In related legal news, state attorneys general filed a lawsuit in Boston challenging the administration’s tightened eligibility rules for the Public Service Loan Forgiveness (PSLF) program. The challenge centers on the rule’s definition of “qualifying employer,” specifically the exclusion of organizations “that engage in unlawful activities,” a move seen as unfairly restricting access to loan forgiveness for public service workers.
5. Starbucks Brews New China Strategy with Boyu Capital
People walk out of a Starbucks outlet in Hangzhou in east China’s Zhejiang province Thursday, Oct. 30, 2025.
Long Wei | Feature China | Future Publishing | Getty Images
Starbucks is restructuring its China operations through a $4 billion joint venture with Boyu Capital, an alternative asset management firm. Boyu Capital will assume the management of Starbucks’ China business, aiming to revitalize sales in a highly competitive market.
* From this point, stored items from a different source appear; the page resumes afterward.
-- ===== src/Network/Client/Sending.antt =====
-- sysmodule/source/network/client.cpp: the functions that send a packet.
use ryu_ldn_nx.Prelude.{ℕ, ◌+◌, ◌%◌, Bool, none, List, if◌then◌else◌}
use ryu_ldn_nx.Network.ConnectionState.{ConnectionEvent}
use ryu_ldn_nx.Network.TcpInterface.{ClientResult, Message, ITcpClient}
use ryu_ldn_nx.Network.Client.{
  ClientOpResult, success, not_ready, send_failed, Client, is_sent, is_lost, is_lost_or_down, lose,
  is_ready,
}

module _ {T : Type 0} (I : ITcpClient T) where
  -- What all of them do; `lost` says which answers count as a lost connection.
  unfoldable pub send_with : (ClientResult → Bool) → Client T → Message → ClientOpResult × Client T
  unfolding lose is_ready
  send_with lost c message =
      let (result, tcp) = I.send c.tcp message in
      let c' = record c { tcp = tcp } in
      if is_ready c
      then if is_sent result
        then (success, c')
        else (send_failed, if lost result then lose c' ConnectionEvent.connection_lost else c')
      else (not_ready, c)

  unfoldable pub send_scan : Client T → List ℕ → ClientOpResult × Client T
  unfolding send_with
  send_scan c filter = send_with is_lost c (Message.scan filter)

  unfoldable pub send_create_access_point : Client T → List ℕ → List ℕ → ClientOpResult × Client T
  unfolding send_with
  send_create_access_point c request advertise_data =
      send_with is_lost c (Message.create_access_point request advertise_data)

  unfoldable pub send_connect : Client T → List ℕ → ClientOpResult × Client T
  unfolding send_with
  send_connect c request = send_with is_lost c (Message.connect request)

  unfoldable pub send_create_access_point_private : Client T → List ℕ → ClientOpResult × Client T
  unfolding send_with
  send_create_access_point_private c request =
      send_with is_lost c (Message.create_access_point_private request none)

  unfoldable pub send_connect_private : Client T → List ℕ → ClientOpResult × Client T
  unfolding send_with
  send_connect_private c request = send_with is_lost c (Message.connect_private request)

  unfoldable pub send_proxy_data : Client T → List ℕ → List ℕ → ClientOpResult × Client T
  unfolding send_with
  send_proxy_data c header bytes = send_with is_lost_or_down c (Message.proxy_data header bytes)

  -- `m_ping_id++` comes before the packet goes out.
  unfoldable pub send_ping : Client T → ClientOpResult × Client T
  unfolding send_with is_ready
  send_ping c =
      if is_ready c
      then send_with is_lost (record c { ping_id = (c.ping_id + 1) % 256 })
          (Message.ping 1 c.ping_id)
      else (not_ready, c)

  unfoldable pub send_ping_response : Client T → ℕ → ClientOpResult × Client T
  unfolding send_with
  send_ping_response c ping_id = send_with is_lost c (Message.ping 0 ping_id)

  unfoldable pub send_disconnect_network : Client T → ClientOpResult × Client T
  unfolding send_with
  send_disconnect_network c = send_with is_lost c (Message.disconnect 0)

  unfoldable pub send_set_accept_policy : Client T → ℕ → ClientOpResult × Client T
  unfolding send_with
  send_set_accept_policy c policy = send_with is_lost c (Message.set_accept_policy policy)

  unfoldable pub send_set_advertise_data : Client T → List ℕ → ClientOpResult × Client T
  unfolding send_with
  send_set_advertise_data c bytes = send_with is_lost c (Message.set_advertise_data bytes)

  unfoldable pub send_reject : Client T → ℕ → ℕ → ClientOpResult × Client T
  unfolding send_with
  send_reject c node_id reason = send_with is_lost c (Message.reject node_id reason)

  unfoldable pub send_raw_packet : Client T → List ℕ → ClientOpResult × Client T
  unfolding send_with
  send_raw_packet c bytes = send_with is_lost c (Message.raw bytes)
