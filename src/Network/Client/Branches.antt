-- ===== src/Network/Client/Branches.antt =====
-- What `connect` does to a client that waits to reconnect, and what the functions that send do.
use ryu_ldn_nx.Prelude.{
  ℕ, ◌≡◌, ◌≢◌, true, false, Bool, Option, some, List, [], ◌∷◌, ◌++◌, arith, if◌then◌else◌,
}
use ryu_ldn_nx.Network.ConnectionState.{ConnectionState, ready, backoff}
use ryu_ldn_nx.Network.ConnectionState as Machine
use ryu_ldn_nx.Network.TcpInterface.{ClientResult, Message, ITcpClient}
use ryu_ldn_nx.Network.Client.{
  success, not_ready, send_failed, invalid_state, internal_error, Client, is_sent,
}
use ryu_ldn_nx.Network.Client.Connecting.{
  connect_to, with_address, initialize_and_connect, begin_connect,
}
use ryu_ldn_nx.Network.Client.Sending.{send_with}

module _ {T : Type 0} (I : ITcpClient T) where
  begin_connect-backoff :
      (c : Client T) → c.machine.state ≡ backoff → begin_connect I c ≡ some (invalid_state, c)
  unfolding begin_connect Machine.process_event
  begin_connect-backoff c s = ground (arith, s)

  -- `connect` while the client waits to reconnect never tries to connect: it answers `invalid_state`, or
  -- `internal_error` if the sockets are not initialized and cannot be. The client keeps the new address,
  -- and, after `invalid_state`, counts its handshake as not sent; its state, its count of retries and its
  -- delay stay as they are.
  connect_to-backoff :
      (c : Client T) (host : Option (List ℕ)) (port : ℕ)
      → c.machine.state ≡ backoff
      → let (ok, tcp) = I.initialize c.tcp in
        let d = with_address c host port in
        connect_to I c host port
        ≡ some (
            if c.initialized
            then (invalid_state, record d { handshake_sent = false })
            else if ok
            then (invalid_state, record d { tcp = tcp; initialized = true; handshake_sent = false })
            else (internal_error, record d { tcp = tcp }))
  unfolding connect_to initialize_and_connect with_address
  connect_to-backoff c host port s =
      let (ok, tcp) = I.initialize c.tcp in
      let d = with_address c host port in
      ground (
        arith,
        s,
        begin_connect-backoff (record d { handshake_sent = false }) s,
        begin_connect-backoff (record d { tcp = tcp; initialized = true; handshake_sent = false })
            s,
      )

  -- A function that sends, on all its branches. A client that is not ready refuses and stays as it is. When
  -- the TCP client succeeds nothing else changes. When it fails the answer is `send_failed`, and if the
  -- failure counts as a lost connection the client waits to reconnect from then on, with the delay and the
  -- start of the wait that were there before.
  send_with_lem :
      (lost : ClientResult → Bool) (c : Client T) (message : Message)
      → let (result, tcp) = I.send c.tcp message in
        let (answer, c') = send_with I lost c message in
        (c.machine.state ≢ ready → (answer ≡ not_ready) × (c' ≡ c))
        × (c.machine.state ≡ ready
            → is_sent result ≡ true
            → (answer ≡ success) × (c' ≡ record c { tcp = tcp }))
        × (c.machine.state ≡ ready
            → is_sent result ≡ false
            → lost result ≡ false
            → (answer ≡ send_failed) × (c' ≡ record c { tcp = tcp }))
        × (c.machine.state ≡ ready
            → is_sent result ≡ false
            → lost result ≡ true
            → (answer ≡ send_failed)
              × (c'.machine.state ≡ backoff)
              × (c'.tcp ≡ tcp)
              × (c'.backoff_start_time_ms ≡ c.backoff_start_time_ms)
              × (c'.current_backoff_delay_ms ≡ c.current_backoff_delay_ms)
              × (c'.changes
                  ≡ (if c.state_callback then c.changes ++ ((ready, backoff) ∷ []) else c.changes)))
  unfolding send_with Machine.process_event
  send_with_lem lost c message =
      (λ n. ground arith, λ r ok. ground arith, λ r ok k. ground arith, λ r ok k. ground arith)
The agreement will see Boyu Capital holding up to a 60% stake of the entity while Starbucks will retain 40%. This new strategic partnership aims to boost performance in Starbucks’ China business, valued at over $13 billion, which has faced challenges due to the pandemic and competition from local players like Luckin Coffee. Discount strategies implemented to attract customers have impacted the company’s average ticket price and overall profitability.
The Daily Dividend
Stellantis is making a significant $13 billion investment in its U.S. operations, signalling a commitment to the American market. The investment aims to drive a turnaround for the automaker, known for its Jeep and Ram brands potentially through the expansion of electric vehicle production and advanced technology integration.